• Directions for this task
Please indicate the number of lines in the listing below that include the string "fields"; add nothing else.

• Input material
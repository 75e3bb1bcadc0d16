-- ===== src/Gate/Invariant/Login.antt =====
-- Creating sessions, logging in and resuming keep the invariant.
use test_go_server.Prelude.{
  ℕ, ◌<◌, ◌≡◌, ◌≢◌, refl, ap, sym, subst, ◌∙◌, Option, none, some, ◌==◌, if◌then◌else◌, arith, List,
  lookup, lookup-insert_self,
}
use test_go_server.Protocol.{inc64}
use test_go_server.Gate.State.{
  init, online, offline, closed, Session, Gate, Config, External, World, set_conn, put_session,
}
use test_go_server.Gate.Sessions.{bind_player}
use test_go_server.Gate.Login.{
  new_session, fresh_session, bind_fresh, create_session_for_conn, session_init_env, allow_login,
  kick_old,
}
use test_go_server.Gate.Invariant.Defs.{Good, Inv, Same, Inv-Same, Inv-put, Inv-if, Good-conns}
use test_go_server.Gate.Invariant.Frames.{send-Same}
use test_go_server.Gate.Invariant.Offline.{kick-Inv}

pub config-Same : (g : Gate) (cfg : Config) → Same g (record g { config = cfg })
config-Same g cfg = record { sessions = refl; ids = λ c. refl; limit = refl; next = refl }

player-Same : (g : Gate) (m : List (ℕ × ℕ)) → Same g (record g { by_player = m })
player-Same g m = record { sessions = refl; ids = λ c. refl; limit = refl; next = refl }

-- A connection that belongs to no session can be bound to any.
pub Inv-bind :
    (g : Gate) (c id n : ℕ)
    → Inv g
    → (g.conns c).session_id ≡ 0
    → Inv (set_conn c (record (g.conns c) { session_id = id }) (record g { next_id = n }))
Inv-bind g c id n v free = record {
  good = λ k s e.
      Good-conns g _ k s (λ d f. free_ne k s (v.good k s e) d f) (omega arith) (v.good k s e);
}
  where
    free_ne :
        (k : ℕ) (s : Session)
        → Good g k s
        → (d : ℕ) → s.conn ≡ some d
        → (if c == d then record (g.conns c) { session_id = id } else g.conns d).session_id
          ≡ (g.conns d).session_id
    free_ne k s good d f = ground (arith, good.bound d f, good.named)

-- Every kept session is online, authing, authenticated or offline: a session with a connection that
-- is bound to it is good in the first three.
pub Good-bound :
    (g : Gate) (c : ℕ) (s : Session)
    → s.id ≢ 0
    → s.state ≢ init
    → s.state ≢ closed
    → s.state ≢ offline
    → s.conn ≡ some c
    → (g.conns c).session_id ≡ s.id
    → c < g.next_conn
    → Good g s.id s
Good-bound g c s pos a b d e f lt = record {
  keyed = refl;
  named = pos;
  begun = a;
  kept = b;
  unplugged = λ o. absurd (d o);
  plugged = λ o. cc;
  bound = λ j h.
      let same : c ≡ j = ground arith in
      subst (λ i. ((g.conns i).session_id ≡ s.id) × (i < g.next_conn)) same (f, lt);
}

pub bind_fresh-Inv :
    (g : Gate) (c : ℕ) (s : Session)
    → Inv g
    → (g.conns c).session_id ≡ 0
    → c < g.next_conn
    → s.id ≢ 0
    → s.state ≡ online
    → s.conn ≡ some c
    → Inv (bind_fresh s c g)
unfolding bind_fresh
bind_fresh-Inv g c s v free lt pos on plug =
    Inv-put _ s (Inv-bind g c s.id s.id v free)
      (Good-bound _ c s pos (λ e. cc) (λ e. cc) (λ e. cc) plug (ground arith) lt)

-- Only fields that the invariant does not read change.
pub Good-fields :
    (g : Gate) (k : ℕ) (s t : Session)
    → t.id ≡ s.id
    → t.state ≡ s.state
    → t.conn ≡ s.conn
    → Good g k s
    → Good g k t
Good-fields g k s t i st co v = record {
  keyed = i ∙ v.keyed;
  named = v.named;
  begun = λ e. v.begun (sym st ∙ e);
  kept = λ e. v.kept (sym st ∙ e);
  unplugged = λ e. co ∙ v.unplugged (sym st ∙ e);
  plugged = λ e. ground (arith, v.plugged (sym co ∙ e));
  bound = λ c e. v.bound c (sym co ∙ e);
}

pub allow_login-Good :
    (g : Gate) (k now : ℕ) (cfg : Config) (s : Session)
    → Good g k s
    → Good g k (allow_login cfg now s).0
unfolding allow_login
allow_login-Good g k now cfg s v =
    Good-fields g k s (allow_login cfg now s).0 (ground arith) (ground arith) (ground arith) v

pub create_session_for_conn-Inv :
    (x : External) (w : World) (c : ℕ) (g : Gate)
    → Inv g
    → (g.conns c).session_id ≡ 0
    → c < g.next_conn
    → inc64 g.next_id ≢ 0
    → Inv (create_session_for_conn x w c g).1
unfolding create_session_for_conn fresh_session new_session
create_session_for_conn-Inv x w c g v free lt pos =
    let s = fresh_session x w c (inc64 g.next_id) in
    Inv-Same (send-Same c (session_init_env x s) (bind_fresh s c g))
      (bind_fresh-Inv g c s v free lt pos refl refl)

-- The session just made is kept under its ID.
pub create_session_for_conn-lookup :
    (x : External) (w : World) (c : ℕ) (g : Gate)
    → let r = create_session_for_conn x w c g in lookup r.0.id r.1.by_session ≡ some r.0
unfolding create_session_for_conn bind_fresh fresh_session new_session
create_session_for_conn-lookup x w c g =
    let s = fresh_session x w c (inc64 g.next_id) in
    ap (lookup s.id) (send-Same c (session_init_env x s) (bind_fresh s c g)).sessions
    ∙ lookup-insert_self s.id s g.by_session

pub create_session_for_conn-next :
    (x : External) (w : World) (c : ℕ) (g : Gate)
    → let r = create_session_for_conn x w c g in
      (r.1.next_id ≡ inc64 g.next_id) × (r.1.next_conn ≡ g.next_conn)
unfolding create_session_for_conn bind_fresh fresh_session new_session
create_session_for_conn-next x w c g =
    let s = fresh_session x w c (inc64 g.next_id) in
    let same = send-Same c (session_init_env x s) (bind_fresh s c g) in (same.next, same.limit)

pub kick_old-Inv : (now id : ℕ) (o : Option ℕ) (g : Gate) → Inv g → Inv (kick_old now id o g)
unfolding kick_old
kick_old-Inv now id none g v = v
kick_old-Inv now id (some old) g v = Inv-if (old == id) v (kick-Inv now old g v)

-- BindPlayer gives a kept session its player.
pub bind_player-Inv :
    (g : Gate) (s : Session) (player : ℕ) → Inv g → Good g s.id s → Inv (bind_player s player g).1
unfolding bind_player
bind_player-Inv g s player v good =
    let t = record s { player_id = player } in
    Inv-Same (player-Same (put_session t g) _)
      (Inv-put g t v (Good-fields g s.id s t refl refl refl good))
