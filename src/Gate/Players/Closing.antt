-- ===== src/Gate/Players/Closing.antt =====
-- Closing a session leaves it its player.
use test_go_server.Prelude.{
  ℕ, Option, none, some, Bool, true, false, ◌&&◌, if◌then◌else◌, inl, inr, Option-cases,
}
use test_go_server.Protocol.{Error, session_not_found}
use test_go_server.Gate.State.{Session, Gate, put_session, is_closed, is_offline, is_none}
use test_go_server.Gate.Sessions.{get}
use test_go_server.Gate.Offline.{gone, on_session_offline, kick, on_conn_close, close_opt}
use test_go_server.Gate.Invariant.Frames.{close_opt-Same, notify_player_offline-Same}
use test_go_server.Gate.Players.Defs.{Players, Players-Same, Players-if, Players-put}

pub on_session_offline-Players :
    {K : ℕ → ℕ → Type 0} (now : ℕ) (s : Session) (g : Gate)
    → K s.id s.player_id
    → Players K g
    → Players K (on_session_offline now s g)
unfolding on_session_offline
on_session_offline-Players {K} now s g has v = Players-if (is_closed s.state) v (
    Players-if (is_offline s.state && is_none s.conn) v (
      Players-if (is_offline s.state) put
        (Players-Same (notify_player_offline-Same (gone now s) _) put)))
  where
    put : Players K (put_session (gone now s) (close_opt s.conn g))
    put = Players-put _ (gone now s) has (Players-Same (close_opt-Same s.conn g) v)

pub kick-Players :
    {K : ℕ → ℕ → Type 0} (now id : ℕ) (g : Gate) → Players K g → Players K (kick now id g).0
unfolding kick
kick-Players {K} now id g v = elim (Option-cases (get id g)) [
  | inl e ↦ rw (e, kick) v
  | inr (s, e) ↦
      let off = on_session_offline-Players now s g (v.known id s (unfold get in e)).1 v in
      rw (e, kick) (pick s (is_none s.conn) off)
]
  where
    pick :
        (o : Session) (b : Bool)
        → Players K (on_session_offline now o g)
        → let r : Gate × Option Error =
            if b then (g, some session_not_found) else (on_session_offline now o g, none) in
          Players K r.0
    pick o true off = v
    pick o false off = off

pub on_conn_close-Players :
    {K : ℕ → ℕ → Type 0} (now c : ℕ) (g : Gate) → Players K g → Players K (on_conn_close now c g)
unfolding on_conn_close
on_conn_close-Players now c g v = elim (Option-cases (get (g.conns c).session_id g)) [
  | inl e ↦ rw (e, on_conn_close) v
  | inr (s, e) ↦
      rw (e, on_conn_close)
        (Players-Same (notify_player_offline-Same (gone now s) (put_session (gone now s) g))
          (Players-put g (gone now s) (v.known _ s (unfold get in e)).1 v))
]
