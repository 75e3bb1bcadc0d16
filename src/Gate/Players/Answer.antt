-- ===== src/Gate/Players/Answer.antt =====
-- The service's answer to a login gives a session its player.
use test_go_server.Prelude.{
  ℕ, ◌≡◌, refl, sym, subst, Option, none, some, ◌==◌, inl, inr, Option-cases, Bool-cases, ==_iff,
}
use test_go_server.Protocol.{Bytes, Envelope, msg_login_rsp, msg_service_pong}
use test_go_server.Gate.State.{authenticated, Session, Gate, External, World, put_session}
use test_go_server.Gate.Sessions.{get, bind_player}
use test_go_server.Gate.Login.{kick_old, login_session, on_login_rsp, on_service_envelope}
use test_go_server.Gate.Invariant.Frames.{reply-Same}
use test_go_server.Gate.Invariant.Login.{config-Same}
use test_go_server.Gate.Players.Defs.{Players, Players-Same, Players-if, Players-put}
use test_go_server.Gate.Players.Closing.{kick-Players}

kick_old-Players :
    {K : ℕ → ℕ → Type 0} (now id : ℕ) (o : Option ℕ) (g : Gate)
    → Players K g
    → Players K (kick_old now id o g)
unfolding kick_old
kick_old-Players now id none g v = v
kick_old-Players now id (some old) g v = Players-if (old == id) v (kick-Players now old g v)

login_session-Players :
    {K : ℕ → ℕ → Type 0} (now : ℕ) (s : Session) (o : Option ℕ) (g : Gate)
    → ((player : ℕ) → o ≡ some player → K s.id player)
    → Players K g
    → Players K (login_session now s o g)
unfolding login_session bind_player
login_session-Players now s none g has v = v
login_session-Players {K} now s (some player) g has v =
    let r = bind_player s player g in
    let t = record s { player_id = player; state = authenticated } in
    let p = Players-put g (record s { player_id = player }) (has player refl) v in
    let bound : Players K r.1 = record { nobody = p.nobody; known = p.known } in
    let kicked = kick_old-Players now s.id r.0 r.1 bound in
    Players-Same (config-Same (put_session t (kick_old now s.id r.0 r.1)) _)
      (Players-put (kick_old now s.id r.0 r.1) t (has player refl) kicked)

on_login_rsp-Players :
    {K : ℕ → ℕ → Type 0} (x : External) (w : World) (id : ℕ) (payload : Bytes) (g : Gate)
    → ((player : ℕ) → x.unmarshal_login_rsp payload ≡ some player → K id player)
    → Players K g
    → Players K (on_login_rsp x w id payload g)
unfolding on_login_rsp
on_login_rsp-Players {K} x w id payload g has v = elim (Option-cases (get id g)) [
  | inl e ↦ rw (e, on_login_rsp) v
  | inr (s, e) ↦
      let keyed = (v.known id s (unfold get in e)).0 in
      rw (e, on_login_rsp)
        (login_session-Players w.now s (x.unmarshal_login_rsp payload) g
          (λ player read. subst (λ i. K i player) (sym keyed) (has player read)) v)
]

-- An envelope of the service leaves the sessions their players, but for an answer to a login, which
-- gives its session the player that it names.
pub on_service_envelope-Players :
    {K : ℕ → ℕ → Type 0} (x : External) (w : World) (env : Envelope) (g : Gate)
    → ((player : ℕ)
        → env.msg_id ≡ msg_login_rsp
        → x.unmarshal_login_rsp env.payload ≡ some player
        → K env.session_id player)
    → Players K g
    → Players K (on_service_envelope x w env g)
unfolding on_service_envelope
on_service_envelope-Players {K} x w env g has v = Players-if (env.msg_id == msg_service_pong) v (
    Players-Same (reply-Same _ _ _ _) (elim (Bool-cases (env.msg_id == msg_login_rsp)) [
      | inl e ↦ rw e (
          on_login_rsp-Players x w env.session_id env.payload g
            (λ player read. has player ((==_iff env.msg_id msg_login_rsp).0 e) read) v)
      | inr e ↦ rw e v
    ]))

• Solution to this exercise
5